The Candid Blogger





The Due-on-Sale Clause is a clause in a promissory note or deed of trust calling for automatic maturity with full balance due, and payoff of the loan in the event of a sale or transfer of title to real property. There is a DOSC in almost all mortgage contracts

 

What the Law Says:

LAND TRUSTS ARE EXEMPT FROM THE DUE ON SALE CLAUSE

A sale of beneficiary interest in a land trust is a private, anonymous, and unrecorded transfer of a personal property interest in a non-personal entity (i.e., is it 'not a sale of real property [i.e., the lender’s security].) Neither does such transfer of Personalty vest the property’s legal or equitable title interest in the beneficiaries. Nor is a mortgagee’s security interest in the property impaired in the process. (re: 103 Ill.

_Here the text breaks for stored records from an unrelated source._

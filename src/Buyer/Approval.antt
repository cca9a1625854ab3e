-- ===== src/Buyer/Approval.antt =====
-- internal/buyer/approval.go: the requests for a person's decision.
use agent_mart.Prelude.{not, ◌&&◌, ◌||◌, if◌then◌else◌}
use agent_mart.Prelude.Int.{ℤ, pos, ltb_ℤ, leb_ℤ}
use agent_mart.Prelude.Text.{Text, bytes, text_eq}
use agent_mart.Prelude.Result.{Result, ok, err, Exec, pure, lift, refuse_if, ◌>>=◌, ◌>>◌}
use agent_mart.Catalog.{Product}
use agent_mart.Wallet.{is_blank}
use agent_mart.Buyer.World.{
  Account, ApprovalRequest, ApprovalResult, ApprovalResolution, World, Trail, call, draw_token,
  create_approval, resolve_approval,
}

-- `validateApprovalRequest`
unfoldable pub validate_approval_request : ApprovalRequest → Result (Unit {0})
validate_approval_request r =
    if is_blank r.token
      || (is_blank r.account_id
          || (leb_ℤ r.telegram_id (pos 0)
              || (is_blank r.product_id
                  || (leb_ℤ r.quantity (pos 0)
                      || (leb_ℤ r.base_amount_paise (pos 0)
                          || (leb_ℤ r.final_amount_paise (pos 0)
                              || (ltb_ℤ r.bundled_paise (pos 0)
                                  || (is_blank r.idempotency_key || is_blank r.reason))))))))
    then err (bytes "approval request fields are invalid")
    else ok tt

-- `NewApprovalRequest`: the token is sixteen random bytes in hexadecimal.
unfoldable pub new_approval_request :
    World → Account → ℤ → Product → ℤ → ℤ → ℤ → ℤ → Text → Text → Exec Trail ApprovalRequest
new_approval_request w account telegram_id product quantity base final bundled key reason = do
  token ← call draw_token w.token
  pure (record {
    token = token;
    account_id = account.id;
    telegram_id = telegram_id;
    product_id = product.id;
    quantity = quantity;
    base_amount_paise = base;
    final_amount_paise = final;
    bundled_paise = bundled;
    idempotency_key = key;
    reason = reason;
  })

-- `ApprovalStore.Create`
unfoldable pub create : World → ApprovalRequest → Exec Trail ApprovalResult
create w r = do lift (validate_approval_request r); call (create_approval r) (λ t. w.approval t r)

-- `ApprovalStore.Resolve`
unfoldable pub resolve : World → ℤ → Text → Text → Exec Trail ApprovalResolution
resolve w telegram_id token decision = do
  refuse_if
      (leb_ℤ telegram_id (pos 0)
        || (is_blank token
            || (not (text_eq decision (bytes "approve"))
                && not (text_eq decision (bytes "reject")))))
      (bytes "approval token, Telegram id, and decision are required")
  call (resolve_approval telegram_id token decision)
      (λ t. w.resolution t telegram_id token decision)
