-- ===== src/Prelude/Decimal.antt =====
-- How `fmt` prints an integer by `%d`, and an amount of paise as rupees by `%.2f`.
use agent_mart.Prelude.Tests.{ltb, if◌then◌else◌}
use agent_mart.Prelude.Int.{ℤ, pos, negsuc}
use agent_mart.Prelude.Text.{Text, bytes}
use Prim.Native.Nat.{ℕ, zero, suc, ◌+◌, ◌*◌, ◌/◌, ◌%◌}
use mathlib.Core.Path.{◌≡◌, refl}
use mathlib.Core.List.{[], ◌∷◌, ◌++◌}

-- The first argument bounds the number of digits.
unfoldable pub digits : ℕ → ℕ → Text
digits zero n = []
digits (suc f) n =
    let rest = digits f (n / 10) in if ltb n 10 then (n + 48) ∷ [] else rest ++ ((n % 10 + 48) ∷ [])

-- Twenty digits hold every 64-bit number.
unfoldable pub decimal_ℕ : ℕ → Text
unfolding digits
decimal_ℕ n = digits 20 n

unfoldable pub decimal : ℤ → Text
unfolding decimal_ℕ
decimal (pos n) = decimal_ℕ n
decimal (negsuc n) = bytes "-" ++ decimal_ℕ (suc n)

two_digits : ℕ → Text
two_digits n = (n / 10 + 48) ∷ (n % 10 + 48) ∷ []

-- `fmt.Sprintf("%.2f", float64(paise)/100)`, for amounts below 2 ^ 53, which a float64 holds.
unfoldable pub rupees : ℤ → Text
unfolding decimal_ℕ two_digits
rupees (pos n) = decimal_ℕ (n / 100) ++ (bytes "." ++ two_digits (n % 100))
rupees (negsuc n) =
    bytes "-" ++ (decimal_ℕ (suc n / 100) ++ (bytes "." ++ two_digits (suc n % 100)))

-- The number that digits stand for.
value : ℕ → Text → ℕ
value acc [] = acc
value acc (c ∷ s) = value (acc * 10 + c % 48) s

rupees_test : rupees (pos 181339) ≡ bytes "1813.39"
unfolding rupees
rupees_test = refl

decimal_test : decimal (negsuc 1204) ≡ bytes "-1205"
unfolding decimal
decimal_test = refl
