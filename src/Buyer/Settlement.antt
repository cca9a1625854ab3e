-- ===== src/Buyer/Settlement.antt =====
-- internal/buyer/settlement.go, with `CreateWalletArtifact` of internal/razorpay/orders.go and
-- `Fulfill` of internal/wallet/wallet.go, which it calls.
use agent_mart.Prelude.{Bool, ◌||◌, ◌++◌, [], ◌∷◌, if◌then◌else◌}
use agent_mart.Prelude.Int.{ℤ, pos, leb_ℤ}
use agent_mart.Prelude.Text.{Text, bytes, is_empty, take}
use agent_mart.Prelude.Decimal.{decimal}
use agent_mart.Prelude.Result.{Exec, pure, lift, refuse_if, ◌>>=◌, ◌>>◌}
use agent_mart.Wallet.{is_blank, FulfillRequest, validate_fulfill, fulfilled}
use agent_mart.Buyer.World.{Notes, World, Trail, call, create_artifact, fulfill_order}

pub record SettleRequest : Type 0 where
  pub account_id : Text
  pub product_id : Text
  pub quantity : ℤ
  pub base_amount_paise : ℤ
  pub final_amount_paise : ℤ
  pub bundled_paise : ℤ
  pub idempotency_key : Text
  pub human_approved : Bool

pub record SettleResult : Type 0 where
  pub order_id : Text
  pub gateway_order_id : Text
  pub method : Text

abbrev with_run : Text → Notes
with_run [] = []
with_run (c ∷ run) = (bytes "run_id", c ∷ run) ∷ []

-- `notesFor`
unfoldable pub notes_for : Text → SettleRequest → Notes
notes_for run r =
    (bytes "account_id", r.account_id)
    ∷ (bytes "product_id", r.product_id)
    ∷ (bytes "quantity", decimal r.quantity)
    ∷ (bytes "fulfillment", bytes "wallet")
    ∷ (
      bytes "authorised",
      if r.human_approved then bytes "approved_by_person" else bytes "within_standing_limits",
    )
    ∷ with_run run

-- The gateway caps a receipt at forty characters. `take` leaves a shorter one whole.
abbrev pub receipt_of : Text → Text
receipt_of s = take 40 s

-- `Client.CreateWalletArtifact`: the id of the order that the gateway made.
unfoldable pub create_wallet_artifact : World → ℤ → Text → Notes → Exec Trail Text
create_wallet_artifact w amount receipt notes = do
  refuse_if (leb_ℤ amount (pos 0) || is_blank receipt) (bytes "amount and receipt are required")
  id ← call (create_artifact amount receipt notes) (λ t. w.artifact t amount receipt notes)
  refuse_if (is_empty id) (bytes "payment order artifact returned no id")
  pure id

-- `Service.Fulfill`: the run is stamped here.
unfoldable pub fulfill : World → FulfillRequest → Exec Trail Text
fulfill w r = do
  lift (validate_fulfill r)
  let stamped = record r { run_id = w.run_id }
  answer ← call (fulfill_order stamped) (λ t. w.fulfillment t stamped)
  lift (fulfilled answer)

abbrev pub fulfill_request : SettleRequest → Text → FulfillRequest
fulfill_request r artifact = record {
  account_id = r.account_id;
  product_id = r.product_id;
  quantity = r.quantity;
  base_amount_paise = r.base_amount_paise;
  final_amount_paise = r.final_amount_paise;
  bundled_paise = r.bundled_paise;
  razorpay_order_id = artifact;
  idempotency_key = r.idempotency_key;
  refund_window_minutes = pos 60;
  run_id = [];
}

-- `WalletSettlement.Settle`, both of its parts present.
unfoldable pub settle : World → SettleRequest → Exec Trail SettleResult
settle w r = do
  artifact ←
      create_wallet_artifact w r.final_amount_paise
        (receipt_of (bytes "wallet_" ++ r.idempotency_key)) (notes_for w.run_id r)
  order ← fulfill w (fulfill_request r artifact)
  pure (record {
    order_id = order;
    gateway_order_id = artifact;
    method = bytes "fulfilled_via_wallet";
  })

App 3d. 174. 430 N.E.2d 708 (2d Dist.) 1981 Wachta v. 1st Fed. and Damen v. Heritage Bank respectively; Williams v. 1st Fed. S&L, Arlington, Va., #80-308A, 6/17/80, Etal.)

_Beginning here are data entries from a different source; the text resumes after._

-- ===== src/Buyer/Refund.antt =====
-- internal/buyer/refund.go and internal/buyer/reversal.go, with `Refund` of
-- internal/wallet/wallet.go: the credit of a cancelled order, and its record at the gateway.
-- The source returns its outcome beside an error; so does `Refunded`.
use agent_mart.Prelude.{
  Bool, true, false, not, ◌&&◌, ◌||◌, ◌++◌, Option, none, some, List, [], ◌∷◌, if◌then◌else◌,
}
use agent_mart.Prelude.Int.{ℤ, pos, leb_ℤ}
use agent_mart.Prelude.Text.{Text, bytes, trim_space}
use agent_mart.Prelude.Decimal.{decimal}
use agent_mart.Prelude.Result.{Result, ok, err, Exec, pure, lift, refuse_if, ◌>>=◌, ◌>>◌}
use agent_mart.Wallet.{is_blank, RefundResult, validate_refund}
use agent_mart.Wallet
use agent_mart.Buyer.World.{
  Account, ReversalAttempt, ReverseResult, Notes, World, Trail, call, read_account, refund_order,
  outstanding_reversal, settle_reversal, record_reversal, record_reversal_failure,
  record_refund_failure,
}
use agent_mart.Buyer.Settlement.{receipt_of, create_wallet_artifact}

pub record RefundRequest : Type 0 where
  pub telegram_id : ℤ
  pub message_id : ℤ
  pub order_id : Text
  pub reason : Text

pub record RefundOutcome : Type 0 where
  pub approved : Bool
  pub duplicate : Bool
  pub order_id : Text
  pub amount_paise : ℤ
  pub reason : Text
  pub refund_ids : List Text

-- `RefundService`: whether it has a reversal and a recorder, and whether the reversal has a
-- gateway.
pub record RefundService : Type 0 where
  pub has_reversal : Bool
  pub has_recorder : Bool
  pub has_artifacts : Bool

pub record ReverseRequest : Type 0 where
  pub account_id : Text
  pub order_id : Text
  pub amount_paise : ℤ
  pub idempotency_key : Text
  pub reason : Text
  pub run_id : Text

abbrev pub Refunded : Type 0
Refunded = RefundOutcome × Option Text

-- `refundKey`
unfoldable pub refund_key : RefundRequest → Text
refund_key r =
    bytes "telegram:" ++ (decimal r.telegram_id ++ (bytes ":refund:" ++ decimal r.message_id))

abbrev pub receipt_for : ReverseRequest → Text
receipt_for r = receipt_of (bytes "reversal_" ++ r.idempotency_key)

abbrev noted : Text → Text → Notes
noted name [] = []
noted name (c ∷ cs) = (name, c ∷ cs) ∷ []

-- `notes`
unfoldable pub notes : ReverseRequest → Notes
notes r =
    (bytes "order_id", r.order_id)
    ∷ (bytes "account_id", r.account_id)
    ∷ (bytes "returned", bytes "wallet_allowance")
    ∷ (noted (bytes "reason") (trim_space r.reason) ++ noted (bytes "run_id") (trim_space r.run_id))

-- `GatewayReversal.Reverse`
unfoldable pub reverse : RefundService → World → ReverseRequest → Exec Trail ReverseResult
reverse s w r = do
  refuse_if (not s.has_artifacts) (bytes "reversal path is unavailable")
  refuse_if (is_blank r.account_id || is_blank r.order_id)
      (bytes "account id and order id are required")
  refuse_if (leb_ℤ r.amount_paise (pos 0)) (bytes "a reversal needs a positive amount")
  artifact ← create_wallet_artifact w r.amount_paise (receipt_for r) (notes r)
  pure (record { refund_ids = artifact ∷ []; reversed_paise = r.amount_paise })

-- `Service.Refund` of the wallet: the run is stamped here.
unfoldable pub refund_wallet : World → Wallet.RefundRequest → Exec Trail RefundResult
refund_wallet w r = do
  lift (validate_refund r)
  let stamped = record r { run_id = w.run_id }
  call (refund_order stamped) (λ t. w.refund t stamped)

abbrev pub credit_request : RefundRequest → Account → Wallet.RefundRequest
credit_request r account = record {
  account_id = account.id;
  order_id = trim_space r.order_id;
  reason = trim_space r.reason;
  idempotency_key = refund_key r;
  run_id = [];
}

-- The credit: what `Refund` does before the gateway's leg.
unfoldable pub credit : World → RefundRequest → Exec Trail (Account × RefundResult)
credit w r = do
  refuse_if
      (leb_ℤ r.telegram_id (pos 0)
        || (leb_ℤ r.message_id (pos 0) || (is_blank r.order_id || is_blank r.reason)))
      (bytes "Telegram id, message id, order id, and reason are required")
  account ← call (read_account r.telegram_id) (λ t. w.account t r.telegram_id)
  result ← refund_wallet w (credit_request r account)
  pure (account, result)

abbrev pub resumed_reversal : Account → Option ReversalAttempt → Option ReverseRequest
resumed_reversal account none = none
resumed_reversal account (some a) = some (record {
  account_id = account.id;
  order_id = a.order_id;
  amount_paise = a.amount_paise;
  idempotency_key = a.idempotency_key;
  reason = a.reason;
  run_id = a.run_id;
})

abbrev pub fresh : RefundResult → Bool
fresh x = x.approved && not x.duplicate

-- `owedReversal`
unfoldable pub owed_reversal :
    RefundService
    → World
    → Account
    → RefundRequest
    → RefundResult
    → Exec Trail (Option ReverseRequest)
owed_reversal s w account r x =
    if fresh x
    then pure (
        some (record {
          account_id = account.id;
          order_id = x.order_id;
          amount_paise = x.amount_paise;
          idempotency_key = refund_key r;
          reason = trim_space r.reason;
          run_id = w.run_id;
        }))
    else if not s.has_recorder
    then pure none
    else do
      found ←
          call (outstanding_reversal account.id (trim_space r.order_id))
            (λ t. w.outstanding t account.id (trim_space r.order_id))
      pure (resumed_reversal account found)

abbrev pub outcome_of : RefundResult → RefundOutcome
outcome_of x = record {
  approved = x.approved;
  duplicate = x.duplicate;
  order_id = x.order_id;
  amount_paise = x.amount_paise;
  reason = x.reason;
  refund_ids = [];
}

abbrev pub empty_outcome : RefundOutcome
empty_outcome = record {
  approved = false;
  duplicate = false;
  order_id = [];
  amount_paise = pos 0;
  reason = [];
  refund_ids = [];
}

abbrev pub after_row :
    RefundOutcome → (Trail → Refunded × Trail) → Result (Unit {0}) × Trail → Refunded × Trail
after_row o next (ok u, t) = next t
after_row o next (err e, t) = ((o, some e), t)

-- Writes a row, if there is a recorder; its own error ends the call beside this outcome.
abbrev pub write :
    Bool
    → RefundOutcome
    → Exec Trail (Unit {0})
    → (Trail → Refunded × Trail)
    → Trail
    → Refunded × Trail
write false o row next t = next t
write true o row next t = after_row o next (row t)

abbrev pub finish : RefundOutcome → Trail → Refunded × Trail
finish o t = ((o, none), t)

abbrev pub reversal_failure : World → Text → Text → Text → Exec Trail (Unit {0})
reversal_failure w account order cause =
    call (record_reversal_failure account order cause)
      (λ t. w.takes_reversal_failure t account order cause)

-- The order is settled, and nothing is owed any more.
abbrev pub settle_owed : RefundService → World → RefundOutcome → Text → Trail → Refunded × Trail
settle_owed s w o order t =
    write s.has_recorder o (call (settle_reversal order) (λ t. w.settles t order)) (finish o) t

abbrev pub record_ids :
    RefundService
    → World
    → RefundOutcome
    → ReverseRequest
    → ReverseResult
    → List Text
    → Trail
    → Refunded × Trail
record_ids s w o q x [] t = settle_owed s w o q.order_id t
record_ids s w o q x (id ∷ ids) t =
    write s.has_recorder o
      (call (record_reversal q.account_id q.order_id x)
        (λ t. w.takes_reversal t q.account_id q.order_id x))
      (settle_owed s w (record o { refund_ids = id ∷ ids }) q.order_id) t

-- What follows the gateway's answer.
abbrev pub after_reverse :
    RefundService
    → World
    → RefundOutcome
    → ReverseRequest
    → Result ReverseResult × Trail
    → Refunded × Trail
after_reverse s w o q (err e, t) =
    write s.has_recorder o (reversal_failure w q.account_id q.order_id e) (finish o) t
after_reverse s w o q (ok x, t) = record_ids s w o q x x.refund_ids t

-- The gateway's leg, once it is known what it owes.
abbrev pub leg :
    RefundService
    → World
    → RefundRequest
    → Account
    → RefundOutcome
    → Result (Option ReverseRequest) × Trail
    → Refunded × Trail
leg s w r account o (err e, t) =
    write s.has_recorder o (reversal_failure w account.id (trim_space r.order_id) e) (finish o) t
leg s w r account o (ok none, t) = finish o t
leg s w r account o (ok (some q), t) = after_reverse s w o q (reverse s w q t)

abbrev with_recording : Text → Result (Unit {0}) → Text
with_recording cause (ok _) = cause
with_recording cause (err e) = cause ++ (bytes " (recording it also failed: " ++ (e ++ bytes ")"))

-- `recordFailure`
abbrev pub refused_refund : Bool → World → RefundRequest → Text → Trail → Refunded × Trail
refused_refund false w r e t = ((empty_outcome, some e), t)
refused_refund true w r e t =
    let order = trim_space r.order_id in
    let cause = with_recording e (w.takes_refund_failure t r.telegram_id order e) in
    ((empty_outcome, some cause), record_refund_failure r.telegram_id order e ∷ t)

abbrev pub after_credit :
    RefundService
    → World
    → RefundRequest
    → Result (Account × RefundResult) × Trail
    → Refunded × Trail
after_credit s w r (err e, t) = refused_refund s.has_recorder w r e t
after_credit s w r (ok (account, x), t) =
    if s.has_reversal
    then leg s w r account (outcome_of x) (owed_reversal s w account r x t)
    else finish (outcome_of x) t

-- `Refund`
unfoldable pub refund : RefundService → World → RefundRequest → Trail → Refunded × Trail
refund s w r t = after_credit s w r (credit w r t)
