-- ===== src/Buyer/Credit.antt =====
-- What `Refund` of internal/buyer/refund.go tells the person.
use agent_mart.Prelude.{
  ◌≡◌, ◌≢◌, refl, Bool, true, false, Option, none, some, List, [], ◌∷◌, arith, if◌then◌else◌,
}
use agent_mart.Prelude.Text.{Text, trim_space}
use agent_mart.Prelude.Result.{Result, ok, err, Exec}
use agent_mart.Wallet.{RefundResult}
use agent_mart.Buyer.World.{Account, ReverseResult, World, Trail, record_refund_failure}
use agent_mart.Buyer.Refund.{
  RefundRequest, RefundOutcome, RefundService, ReverseRequest, Refunded, credit, owed_reversal,
  reverse, outcome_of, refused_refund, empty_outcome, after_row, write, settle_owed, record_ids,
  after_reverse, leg, finish, after_credit, refund,
}

-- All but the gateway's ids.
pub record Tells (o : RefundOutcome) (x : RefundResult) : Type 0 where
  pub tells_approved : o.approved ≡ x.approved
  pub tells_duplicate : o.duplicate ≡ x.duplicate
  pub tells_order : o.order_id ≡ x.order_id
  pub tells_amount : o.amount_paise ≡ x.amount_paise
  pub tells_reason : o.reason ≡ x.reason

module _ (x : RefundResult) where
  after_row-Tells :
      (o : RefundOutcome) (next : Trail → Refunded × Trail) (row : Result (Unit {0})) (t : Trail)
      → Tells o x
      → ((t : Trail) → Tells (next t).0.0 x)
      → Tells (after_row o next (row, t)).0.0 x
  after_row-Tells o next (ok u) t h k = k t
  after_row-Tells o next (err e) t h k = h

  write-Tells :
      (b : Bool) (o : RefundOutcome) (row : Exec Trail (Unit {0})) (next : Trail → Refunded × Trail)
      (t : Trail)
      → Tells o x
      → ((t : Trail) → Tells (next t).0.0 x)
      → Tells (write b o row next t).0.0 x
  write-Tells false o row next t h k = k t
  write-Tells true o row next t h k = after_row-Tells o next (row t).0 (row t).1 h k

  settle_owed-Tells :
      (s : RefundService) (w : World) (o : RefundOutcome) (order : Text) (t : Trail)
      → Tells o x
      → Tells (settle_owed s w o order t).0.0 x
  settle_owed-Tells s w o order t h = write-Tells s.has_recorder o _ _ t h (λ t. h)

  with_ids-Tells :
      (o : RefundOutcome) (ids : List Text) → Tells o x → Tells (record o { refund_ids = ids }) x
  with_ids-Tells o ids h = record {
    tells_approved = h.tells_approved;
    tells_duplicate = h.tells_duplicate;
    tells_order = h.tells_order;
    tells_amount = h.tells_amount;
    tells_reason = h.tells_reason;
  }

  record_ids-Tells :
      (s : RefundService) (w : World) (o : RefundOutcome) (q : ReverseRequest) (y : ReverseResult)
      (ids : List Text) (t : Trail)
      → Tells o x
      → Tells (record_ids s w o q y ids t).0.0 x
  record_ids-Tells s w o q y [] t h = settle_owed-Tells s w o q.order_id t h
  record_ids-Tells s w o q y (id ∷ ids) t h =
      write-Tells s.has_recorder o _ _ t h
        (λ t. settle_owed-Tells s w _ q.order_id t (with_ids-Tells o (id ∷ ids) h))

  after_reverse-Tells :
      (s : RefundService) (w : World) (o : RefundOutcome) (q : ReverseRequest)
      (answer : Result ReverseResult) (t : Trail)
      → Tells o x
      → Tells (after_reverse s w o q (answer, t)).0.0 x
  after_reverse-Tells s w o q (ok y) t h = record_ids-Tells s w o q y y.refund_ids t h
  after_reverse-Tells s w o q (err e) t h = write-Tells s.has_recorder o _ _ t h (λ t. h)

  leg-Tells :
      (s : RefundService) (w : World) (r : RefundRequest) (account : Account) (o : RefundOutcome)
      (owed : Result (Option ReverseRequest)) (t : Trail)
      → Tells o x
      → Tells (leg s w r account o (owed, t)).0.0 x
  leg-Tells s w r account o (err e) t h = write-Tells s.has_recorder o _ _ t h (λ t. h)
  leg-Tells s w r account o (ok none) t h = h
  leg-Tells s w r account o (ok (some q)) t h =
      after_reverse-Tells s w o q (reverse s w q t).0 (reverse s w q t).1 h

outcome_of-Tells : (x : RefundResult) → Tells (outcome_of x) x
outcome_of-Tells x = record {
  tells_approved = refl;
  tells_duplicate = refl;
  tells_order = refl;
  tells_amount = refl;
  tells_reason = refl;
}

-- The answer and the trail that follow a credit.
abbrev pub Follows :
    RefundService
    → RefundRequest
    → Result (Account × RefundResult)
    → Trail
    → Refunded × Trail
    → Type 0
Follows s r (ok (account, x)) t answer = Tells answer.0.0 x
Follows s r (err e) t answer =
    (answer.0.0 ≡ empty_outcome)
    × (answer.0.1 ≢ none)
    × (answer.1 ≡ (
        if s.has_recorder
        then record_refund_failure r.telegram_id (trim_space r.order_id) e ∷ t
        else t))

refused_refund-Follows :
    (s : RefundService) (w : World) (r : RefundRequest) (e : Text) (t : Trail)
    → Follows s r (err e) t (refused_refund s.has_recorder w r e t)
refused_refund-Follows s w r e t =
    elim s.has_recorder
      as (λ b.
        ((refused_refund b w r e t).0.0 ≡ empty_outcome)
        × ((refused_refund b w r e t).0.1 ≢ none)
        × ((refused_refund b w r e t).1 ≡ (
            if b then record_refund_failure r.telegram_id (trim_space r.order_id) e ∷ t else t))) [
              | true ↦ (refl, λ h. absurd (ground arith), refl)
              | false ↦ (refl, λ h. absurd (ground arith), refl)
            ]

after_credit-Follows :
    (s : RefundService) (w : World) (r : RefundRequest) (c : Result (Account × RefundResult))
    (t : Trail)
    → Follows s r c t (after_credit s w r (c, t))
after_credit-Follows s w r (ok (account, x)) t =
    elim s.has_reversal
      as (λ b.
        Tells
          (if b
            then leg s w r account (outcome_of x) (owed_reversal s w account r x t)
            else finish (outcome_of x) t).0.0
          x) [
            | true ↦ leg-Tells x s w r account (outcome_of x) _ _ (outcome_of-Tells x)
            | false ↦ outcome_of-Tells x
          ]
after_credit-Follows s w r (err e) t = refused_refund-Follows s w r e t

-- Once the wallet has answered, the outcome is what it answered, whatever the gateway and the
-- trail do; a refund that did not come so far is an error with an empty outcome, and the only
-- call it adds is the row of its refusal, where there is a recorder.
pub refund-Follows :
    (s : RefundService) (w : World) (r : RefundRequest) (t : Trail)
    → Follows s r (credit w r t).0 (credit w r t).1 (refund s w r t)
unfolding refund
refund-Follows s w r t = after_credit-Follows s w r (credit w r t).0 (credit w r t).1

Note, as well, that neither is the letting (leasing-out) of the property to a co-beneficiary of the trust a compromise of the lender’s security interest under the US Code §1701-j-3 (see Garn-St. Germain/ FDIRA 1982).

Placement of real-estate into a living trust (i.e., a land trust) in which the borrower requests no release of liability and retains full directive powers [as trustee or as "directing-beneficiary"] does not trigger a “Due on Sale Clause” action, providing that:

A) the trust is revocable by the borrower;

B) the trust is in the borrower’s name;

C) the borrower is and remains a beneficiary, and

D) the trust itself conveys no rights of occupancy.

Pub. “Using California Trusts, Planning, Implementing Administering and Terminating,” Cont. Ed. of the Bar, CA. ©1991 Regents - U of Ca.
Barnet Resnick, “Is There Such a Thing as a California land trust?” LA Bar Bul. 4/73, pp 216-228 Bentley Mooney Jr., Esq., Preserving your Wealth [68-112];
H. Kenoe on land trusts, etc.


THE TRUST IS NOT REAL ESTATE, IT IS PERSONAL PRIVATE PROPERTY.  THE DOCTRINE OF EQUITABLE CONVERSION IS HOW THIS IS ACCOMPLISHED.  THAT'S WHY ALL DOCUMENTS CREATED WITHIN THE TRUST REMAIN LEGALLY UNRECORDED, THEY ARE PRIVATE PROPERTY AND YOU CAN BE PROTECTED, EVEN FROM THE IRS.  YOU WOULDN'T WANT TO GIVE AWAY ANY MORE RIGHTS OF PRIVACY WOULD YOU?  THE SMALL INVESTOR CAN DO VERY WELL DOING WHAT THE WEALTHY DO.  IT'S ALWAYS LEGAL.

Once your Trustee takes title, he owns the real property.  You own a beneficiary interest in a trust which is categorized by the IRS as securities and listed under stocks and bonds.

MORTGAGE LAW VS. U.C.C. REGULATION (ART. #9)

“Mortgage law" would rarely, if ever, govern a security interest in a beneficiary’s land trust interest.

• Eric T. Freyfogle, “Land Trusts and the Decline of Mortgage Law," University of Illinois Law Review, Vol. 1988, p. 76-99, spec. referring to: “Horney v. Hayes [1957] and its Progeny” (See “Personal Property” below).

IN OTHER WORDS, MORTGAGE LAW NO LONGER APPLIES -- THE TRUST IS PERSONAL PROPERTY COVERED UNDER THE UNIFORM COMMERCIAL CODE.

The Uniform Commercial Code, adopted by all 50 states, characterizes interest in an Illinois-type land trust as Personal Property. However, for federal income tax purposes, the beneficiary/ies of land trusts are treated as if they owners of real estate. Because local laws view a land trust’s beneficiary interest as personal property rather than real property (except in Louisiana and Tennessee who treat such beneficiary interest as realty), it is UCC regulation (i.e., Article #9), rather than mortgage law, which governs the interest of the parties.